Entrevista a Ángel López Verdugo, miembro fundador del CEIP Esquí-Escuela

Dentro de las actividades previstas en el 40 aniversario de nuestro colegio comenzamos una serie de entrevistas a antiguos alumnos/as y profesores/as del colegio. Hoy nos visita Ángel López, uno de los responsables de la creación del colegio en Sierra Nevada.

Ángel López nace en Sevilla hace ya unos 70 años(no nos quiere decir cuántos exactamente por coquetería) recaba en Sierra Nevada de la mano de su hermano, quien era aparejador en la construcción de los primeros edificios de la estación de esquí. Llega a Sierra Nevada e instalada una de las primeras tiendas de deportes de la estación, Nevasport, que fue un referente durante décadas en nuestra localidad.

Angel López ,matricula a su hijo Javier en Granada, en un internado, para poder seguir trabajando en Sierra Nevada. La situación no era agradable porque lo dejaba los domingos y lo recogía los viernes, así que decide, junto con otras familias de la estación luchar por la creación de un centro escolar en Sierra Nevada.

Oídas las peticiones de las familias que por aquel entonces habitaban en tan singular pueblo, la delegación de educación convoca la plaza y Marcos Martínez López elige subir a Sierra Nevada como maestro, quien dará comienzo a la historia de nuestro colegio.
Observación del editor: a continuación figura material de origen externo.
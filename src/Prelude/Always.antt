-- ===== src/Prelude/Always.antt =====
-- What holds of the value of a call, if it returns, through its binds.
use mathlib.Core.Path.{◌≡◌, refl, subst}
use mathlib.Core.Bool.{Bool, true, false}
use grizol.Prelude.Tests.{if◌then◌else◌}
use grizol.Prelude.Outcome.{Outcome, ok, err, panic, diverge, ◌>>=◌}

-- The value of a call that returns is one of these.
abbrev pub Always : {E A : Type 0} → (A → Type 0) → Outcome E A → Type 0
Always P (ok a) = P a
Always P (err e) = Unit
Always P panic = Unit
Always P diverge = Unit

pub Always-bind :
    {E A B : Type 0} (P : A → Type 0) (Q : B → Type 0) (call : Outcome E A) (next : A → Outcome E B)
    → Always P call
    → ((a : A) → P a → Always Q (next a))
    → Always Q (call >>= next)
Always-bind P Q (ok a) next p f = f a p
Always-bind P Q (err e) next p f = tt
Always-bind P Q panic next p f = tt
Always-bind P Q diverge next p f = tt

-- Whatever the call gives.
pub Always-any :
    {E A B : Type 0} (Q : B → Type 0) (call : Outcome E A) (next : A → Outcome E B)
    → ((a : A) → Always Q (next a))
    → Always Q (call >>= next)
Always-any Q (ok a) next f = f a
Always-any Q (err e) next f = tt
Always-any Q panic next f = tt
Always-any Q diverge next f = tt

pub Always-weaken :
    {E A : Type 0} (P Q : A → Type 0) (call : Outcome E A)
    → ((a : A) → P a → Q a)
    → Always P call
    → Always Q call
Always-weaken P Q (ok a) f p = f a p
Always-weaken P Q (err e) f p = tt
Always-weaken P Q panic f p = tt
Always-weaken P Q diverge f p = tt

pub Always-if :
    {E A : Type 0} (P : A → Type 0) (b : Bool) (x y : Outcome E A)
    → (b ≡ true → Always P x)
    → Always P y
    → Always P (if b then x else y)
Always-if P true x y f p = f refl
Always-if P false x y f p = p

pub Always-ok :
    {E A : Type 0} (P : A → Type 0) (call : Outcome E A) {a : A} → Always P call → call ≡ ok a → P a
Always-ok P (ok b) {a} p e = subst P (cc) p
Always-ok P (err x) p e = absurd (cc)
Always-ok P panic p e = absurd (cc)
Always-ok P diverge p e = absurd (cc)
De esta manera consiguen la creación del CEIP Esquí-Escuela.

Foto antigua del parking de Pradollano, hoy Plaza de Andalucía

Destacar antes de nada que actualmente el nieto pequeño de Ángel, Diego, es alumno de 2º de primaria en el CEIP Esquí-Escuela.

La clase de Diego estaba muy emocionada con esta visita de su abuelo y elaboró, junto con la seño Carmen, un gran cartel con fotos.

La entrevista comienza con el agradecimiento por parte del alumnado por asistir a la entrevista y con la petición de que Ángel nos cuente un poco de su vida actual.

Ángel nos cuenta que actualmente está jubilado y que se dedica a las labores de abuelo, junto a su mujer Conchi. Sigue viviendo en Sierra Nevada, “porque aquí se vive muy bien, sobre todo en verano”, nos comenta.

Después de varios problemas de salud nos confiesa que ha vuelto a esquiar: ”un par de bajadas, que ya no estoy para estar todo el día”.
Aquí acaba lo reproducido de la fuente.